6. SDSU Controller sometimes responds incorrectly to commands or locks up.	There are currently (18/11/00) two problems that we know about: 1. Occasionally the SDSU Controller fails to send back the replies expected of it eg when queried for a camera id, it replies with error status. 2. The SDSU Controller sometimes gets into a 'lockup state' where it stops responding altogether.	If this happens the dither script (or higher level scripts that use them) will fail. First you need to determine whether the SDSU Controller has locked up or not. Type: 'detstat' If the system replies with normal status information all is well - continue observing where you left off. If the system comes back with an error condition you will need to reset and reload the SDSU Controller software. To do this: a/ Type 'startobssys -interactive' b/ Respond with N to all questions, except the one relating to initialising the SDSU. Having reloaded the SDSU software, confirm all is well with a 'detstat', then continue observing where you left off. A long term solution is still being investigated.

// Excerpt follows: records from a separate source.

-- ===== src/Time/Date/Tests.antt =====
-- Days in 1970, 2000 and 2021.
use vk.Prelude.{◌+◌, ◌*◌, ◌%◌, ◌^◌, ◌≡◌, inl, refl, done, arith}
use vk.Time.Date.{convert_to_std_time}
use vk.Time.Date.Civil.{is_leap, civil_days, convert_to_std_time-civil}

convert_to_std_time-epoch : convert_to_std_time 0 0 0 1 1 70 ≡ done 0
unfolding convert_to_std_time
convert_to_std_time-epoch = refl

-- 3 December 2021, 17:45:09
convert_to_std_time-civil_example :
    convert_to_std_time 9 45 17 3 12 121
    ≡ done (
        (86400 * civil_days (is_leap (1900 + 121)) (1900 + 121) 12 3 + 3600 * 17 + 60 * 45 + 9)
        % 2 ^ 32)
convert_to_std_time-civil_example =
    convert_to_std_time-civil 9 45 17 3 12 121 (omega arith) (omega arith) (omega arith)
      (omega arith) (omega arith) (inl (omega arith))
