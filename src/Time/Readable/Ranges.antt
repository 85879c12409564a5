-- ===== src/Time/Readable/Ranges.antt =====
-- The loop over the months stays inside its table.
use vk.Prelude.{
  ℕ, ◌+◌, ◌-◌, ◌/◌, ◌%◌, ◌≤◌, ◌<◌, ◌≡◌, refl, List, [], ◌∷◌, leb, leb→le, Bool-cases, inl, inr,
  length, All, done, arith,
}
use vk.Time.Readable.{Readable, monthdays, find_month, year_and_day, convert_to_readable_time}

abbrev sum : List ℕ → ℕ
sum [] = 0
sum (d ∷ ds) = d + sum ds

find_month_lem :
    (list : List ℕ) (time month : ℕ)
    → time < sum list
    → All (λ d. d ≤ 31) list
    → (left : ℕ) × (m : ℕ) × (find_month list time month ≡ done (left, m))
      × (left < 31)
      × (m < month + length list)
unfolding find_month
find_month_lem [] time month lt h = absurd (omega arith)
find_month_lem (d ∷ ds) time month lt h = elim (Bool-cases (leb d time)) [
  | inl later ↦
      let le = leb→le d time later in
      let (left, m, e, short, inside) =
        find_month_lem ds (time - d) (month + 1) (omega arith) h.1 in
      rw later (left, m, e, short, omega (arith, inside))
  | inr here ↦
      let less : time < d = ground (arith, here) in
      rw here (time, month, refl, omega (arith, h.0), omega arith)
]

rest-lt : (days : ℕ) → (year_and_day days).1 < 366
unfolding year_and_day
rest-lt days = ground arith

pub record IsInRange (r : Readable) : Type 0 where
  pub seconds : r.seconds < 60
  pub minutes : r.minutes < 60
  pub hour : r.hour < 24
  pub some_day : 0 < r.day
  pub day : r.day ≤ 31
  pub some_month : 0 < r.month
  pub month : r.month ≤ 12

-- For every time from 1970 on `convert_to_readable_time` ends with its loop inside the table of the
-- months, and returns a month from 1 to 12, a day from 1 to 31, an hour below 24, and minutes and
-- seconds below 60.
pub convert_to_readable_time-IsInRange :
    (time : ℕ) → (r : Readable) × (convert_to_readable_time time ≡ done r) × IsInRange r
unfolding convert_to_readable_time
convert_to_readable_time-IsInRange time =
    let days = time / 60 / 60 / 24 + 25568 in
    let (left, m, e, short, inside) =
      find_month_lem monthdays (year_and_day days).1 0 (omega (arith, rest-lt days))
        (omega arith) in
    let small : (left + 1) % 256 ≡ left + 1 = omega (arith, short) in
    (
      record {
        seconds = time % 60;
        minutes = time / 60 % 60;
        hour = time / 60 / 60 % 24;
        day = left + 1;
        month = m + 1;
        year = (year_and_day days).0;
      },
      rw (e, small) refl,
      record {
        seconds = omega arith;
        minutes = omega arith;
        hour = omega arith;
        some_day = omega arith;
        day = omega (arith, short);
        some_month = omega arith;
        month = omega (arith, inside);
      },
    )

7. SDSU Controller temperature information is sometimes incorrect	Typing 'detstat' may display alarmingly high temperatures such as 253K etc. This information will also be shown recorded in the observational data files.	If this happens during the Daily Checks you could try reloading the SDSU software ('startobssys -interactive') or power cycling the SDSU Controller. Of course, if the problem doesn't go away it's a good idea to check that the INGRID cryostat really IS still cold ! If this happens at night time you can ignore the problem unless you're worried about the incorrect info being in your headers. Don't worry: INGRID image quality is not affected. A long term solution is still being investigated.
8. EPICS Controller is unreliable	Sometimes the commands which move the INGRID mechanism wheels fail. *ie filter, fwheel1, fwheel2* or pstop return with error status.**	This problem has been traced down to the EPICS mechanism controller which sometimes fails returning CAR_ERROR status. The Observing System has now been changed to perform a single retry on mechanism failure. So far (18/11/00) this has recovered the situation in all cases, making the problem invisible to Observers. A long term solution is still being investigated.